§ **What is expected**
Only those lines in the data below from the line containing "-- No longer" through the line containing "o)), in_use which)", both included, should be restated word for word.
[Listed records Boundary: Start]
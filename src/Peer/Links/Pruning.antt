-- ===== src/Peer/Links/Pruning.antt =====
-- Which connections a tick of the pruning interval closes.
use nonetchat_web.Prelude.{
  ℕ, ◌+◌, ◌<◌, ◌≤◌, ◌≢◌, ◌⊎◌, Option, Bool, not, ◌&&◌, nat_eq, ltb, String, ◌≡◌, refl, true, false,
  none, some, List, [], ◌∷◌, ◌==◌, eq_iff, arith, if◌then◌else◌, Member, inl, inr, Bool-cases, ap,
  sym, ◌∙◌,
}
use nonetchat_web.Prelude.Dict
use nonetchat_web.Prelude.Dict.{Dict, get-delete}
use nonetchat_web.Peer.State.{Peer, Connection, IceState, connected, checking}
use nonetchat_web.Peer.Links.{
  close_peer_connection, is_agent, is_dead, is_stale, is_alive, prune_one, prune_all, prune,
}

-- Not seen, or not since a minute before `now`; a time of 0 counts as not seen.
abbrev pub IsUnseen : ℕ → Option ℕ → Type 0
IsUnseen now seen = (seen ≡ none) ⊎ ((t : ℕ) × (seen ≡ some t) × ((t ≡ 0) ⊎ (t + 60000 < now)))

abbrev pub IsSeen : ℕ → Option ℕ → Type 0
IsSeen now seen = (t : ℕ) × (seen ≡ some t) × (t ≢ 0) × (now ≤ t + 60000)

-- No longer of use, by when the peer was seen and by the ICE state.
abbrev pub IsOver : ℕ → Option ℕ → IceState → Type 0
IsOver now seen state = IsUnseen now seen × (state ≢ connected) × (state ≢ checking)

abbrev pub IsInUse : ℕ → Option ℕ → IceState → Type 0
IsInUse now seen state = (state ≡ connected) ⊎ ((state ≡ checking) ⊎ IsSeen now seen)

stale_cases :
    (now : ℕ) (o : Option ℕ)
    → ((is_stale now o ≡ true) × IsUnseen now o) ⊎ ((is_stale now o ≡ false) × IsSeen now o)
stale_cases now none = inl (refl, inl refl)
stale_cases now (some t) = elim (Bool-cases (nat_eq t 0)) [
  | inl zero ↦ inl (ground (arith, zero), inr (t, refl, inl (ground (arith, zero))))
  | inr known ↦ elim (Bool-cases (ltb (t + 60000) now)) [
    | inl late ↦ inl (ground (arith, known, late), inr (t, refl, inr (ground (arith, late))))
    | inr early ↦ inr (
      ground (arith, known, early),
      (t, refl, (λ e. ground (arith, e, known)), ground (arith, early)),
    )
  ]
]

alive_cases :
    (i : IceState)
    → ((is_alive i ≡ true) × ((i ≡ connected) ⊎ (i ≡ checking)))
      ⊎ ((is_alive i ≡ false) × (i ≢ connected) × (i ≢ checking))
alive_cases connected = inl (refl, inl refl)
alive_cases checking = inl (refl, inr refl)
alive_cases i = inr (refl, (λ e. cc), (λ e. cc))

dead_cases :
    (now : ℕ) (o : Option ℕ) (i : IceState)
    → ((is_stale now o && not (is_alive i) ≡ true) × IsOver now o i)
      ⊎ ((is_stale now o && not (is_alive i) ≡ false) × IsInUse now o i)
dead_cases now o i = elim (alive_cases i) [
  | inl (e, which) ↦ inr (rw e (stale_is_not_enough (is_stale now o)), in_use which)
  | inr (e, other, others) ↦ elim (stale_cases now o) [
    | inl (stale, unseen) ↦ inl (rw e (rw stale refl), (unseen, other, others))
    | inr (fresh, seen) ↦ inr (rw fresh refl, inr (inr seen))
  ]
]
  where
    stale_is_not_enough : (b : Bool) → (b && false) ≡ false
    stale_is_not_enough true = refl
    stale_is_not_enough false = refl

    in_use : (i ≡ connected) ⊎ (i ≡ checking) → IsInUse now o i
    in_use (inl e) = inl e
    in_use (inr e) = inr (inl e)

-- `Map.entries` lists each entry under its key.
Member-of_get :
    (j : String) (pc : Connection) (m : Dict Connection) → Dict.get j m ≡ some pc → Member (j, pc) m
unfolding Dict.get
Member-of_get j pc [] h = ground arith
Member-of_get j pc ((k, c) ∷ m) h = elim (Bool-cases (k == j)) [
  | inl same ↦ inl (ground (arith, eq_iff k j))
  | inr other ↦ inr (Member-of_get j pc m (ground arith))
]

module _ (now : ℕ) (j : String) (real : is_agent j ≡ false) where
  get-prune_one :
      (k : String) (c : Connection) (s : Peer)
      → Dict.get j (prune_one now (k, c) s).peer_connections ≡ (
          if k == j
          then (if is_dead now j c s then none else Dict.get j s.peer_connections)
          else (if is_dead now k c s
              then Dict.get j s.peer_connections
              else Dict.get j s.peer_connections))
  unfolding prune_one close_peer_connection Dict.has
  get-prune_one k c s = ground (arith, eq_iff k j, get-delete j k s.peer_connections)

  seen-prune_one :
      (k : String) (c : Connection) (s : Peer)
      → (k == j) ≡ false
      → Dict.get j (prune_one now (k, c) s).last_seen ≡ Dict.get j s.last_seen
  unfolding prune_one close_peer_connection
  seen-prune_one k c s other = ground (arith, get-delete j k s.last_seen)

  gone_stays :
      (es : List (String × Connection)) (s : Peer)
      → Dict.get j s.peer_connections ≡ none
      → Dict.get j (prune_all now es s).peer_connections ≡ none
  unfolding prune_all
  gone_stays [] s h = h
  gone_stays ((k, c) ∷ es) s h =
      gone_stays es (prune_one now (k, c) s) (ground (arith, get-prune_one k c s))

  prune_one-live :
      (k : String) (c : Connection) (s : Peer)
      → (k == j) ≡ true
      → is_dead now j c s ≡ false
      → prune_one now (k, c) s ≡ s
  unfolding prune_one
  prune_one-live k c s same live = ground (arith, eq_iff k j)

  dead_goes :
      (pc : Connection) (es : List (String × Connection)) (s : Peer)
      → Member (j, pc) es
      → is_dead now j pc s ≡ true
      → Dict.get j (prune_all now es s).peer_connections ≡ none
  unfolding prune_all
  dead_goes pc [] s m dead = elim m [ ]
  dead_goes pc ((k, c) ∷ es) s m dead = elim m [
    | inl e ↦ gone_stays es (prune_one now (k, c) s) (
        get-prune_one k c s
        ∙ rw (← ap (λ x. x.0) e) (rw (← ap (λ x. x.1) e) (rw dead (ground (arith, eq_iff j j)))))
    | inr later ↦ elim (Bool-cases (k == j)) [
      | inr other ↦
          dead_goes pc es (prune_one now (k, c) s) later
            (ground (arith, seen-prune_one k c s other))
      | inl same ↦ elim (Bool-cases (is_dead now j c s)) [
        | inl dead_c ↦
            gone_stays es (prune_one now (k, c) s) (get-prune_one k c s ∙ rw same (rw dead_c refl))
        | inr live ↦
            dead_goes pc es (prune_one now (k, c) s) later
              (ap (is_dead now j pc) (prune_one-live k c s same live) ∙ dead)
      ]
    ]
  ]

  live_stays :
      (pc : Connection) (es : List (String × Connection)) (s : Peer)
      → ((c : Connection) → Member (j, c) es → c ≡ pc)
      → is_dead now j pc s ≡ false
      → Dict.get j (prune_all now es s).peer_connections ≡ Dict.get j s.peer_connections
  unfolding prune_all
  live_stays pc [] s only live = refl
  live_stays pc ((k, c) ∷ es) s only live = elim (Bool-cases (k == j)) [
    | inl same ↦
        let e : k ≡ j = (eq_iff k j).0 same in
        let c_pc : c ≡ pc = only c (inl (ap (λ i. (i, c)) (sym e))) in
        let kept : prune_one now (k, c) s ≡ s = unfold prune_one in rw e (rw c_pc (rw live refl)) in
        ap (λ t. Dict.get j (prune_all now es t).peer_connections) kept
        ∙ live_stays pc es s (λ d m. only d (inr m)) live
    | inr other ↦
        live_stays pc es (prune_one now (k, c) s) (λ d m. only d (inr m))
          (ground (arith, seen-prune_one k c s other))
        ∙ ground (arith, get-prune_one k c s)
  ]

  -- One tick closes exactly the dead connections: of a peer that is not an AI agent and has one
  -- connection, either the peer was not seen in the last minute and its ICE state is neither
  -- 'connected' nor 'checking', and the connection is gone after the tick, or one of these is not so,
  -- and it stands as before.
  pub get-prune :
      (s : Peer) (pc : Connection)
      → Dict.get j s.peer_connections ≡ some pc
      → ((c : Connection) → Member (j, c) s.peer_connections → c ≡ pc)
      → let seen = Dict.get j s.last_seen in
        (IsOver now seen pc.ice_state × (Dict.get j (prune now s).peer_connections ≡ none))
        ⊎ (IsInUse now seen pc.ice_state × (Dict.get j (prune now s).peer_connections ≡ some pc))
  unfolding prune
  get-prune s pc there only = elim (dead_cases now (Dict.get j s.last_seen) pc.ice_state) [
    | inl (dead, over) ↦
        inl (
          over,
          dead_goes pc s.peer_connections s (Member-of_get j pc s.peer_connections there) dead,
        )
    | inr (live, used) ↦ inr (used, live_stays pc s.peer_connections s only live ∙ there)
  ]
[Listed records Boundary: End]
§ **Result for this task**
-- No longer of use, by when the peer was seen and by the ICE state.
abbrev pub IsOver : ℕ → Option ℕ → IceState → Type 0
IsOver now seen state = IsUnseen now seen × (state ≢ connected) × (state ≢ checking)

abbrev pub IsInUse : ℕ → Option ℕ → IceState → Type 0
IsInUse now seen state = (state ≡ connected) ⊎ ((state ≡ checking) ⊎ IsSeen now seen)

stale_cases :
    (now : ℕ) (o : Option ℕ)
    → ((is_stale now o ≡ true) × IsUnseen now o) ⊎ ((is_stale now o ≡ false) × IsSeen now o)
stale_cases now none = inl (refl, inl refl)
stale_cases now (some t) = elim (Bool-cases (nat_eq t 0)) [
  | inl zero ↦ inl (ground (arith, zero), inr (t, refl, inl (ground (arith, zero))))
  | inr known ↦ elim (Bool-cases (ltb (t + 60000) now)) [
    | inl late ↦ inl (ground (arith, known, late), inr (t, refl, inr (ground (arith, late))))
    | inr early ↦ inr (
      ground (arith, known, early),
      (t, refl, (λ e. ground (arith, e, known)), ground (arith, early)),
    )
  ]
]

alive_cases :
    (i : IceState)
    → ((is_alive i ≡ true) × ((i ≡ connected) ⊎ (i ≡ checking)))
      ⊎ ((is_alive i ≡ false) × (i ≢ connected) × (i ≢ checking))
alive_cases connected = inl (refl, inl refl)
alive_cases checking = inl (refl, inr refl)
alive_cases i = inr (refl, (λ e. cc), (λ e. cc))

dead_cases :
    (now : ℕ) (o : Option ℕ) (i : IceState)
    → ((is_stale now o && not (is_alive i) ≡ true) × IsOver now o i)
      ⊎ ((is_stale now o && not (is_alive i) ≡ false) × IsInUse now o i)
dead_cases now o i = elim (alive_cases i) [
  | inl (e, which) ↦ inr (rw e (stale_is_not_enough (is_stale now o)), in_use which)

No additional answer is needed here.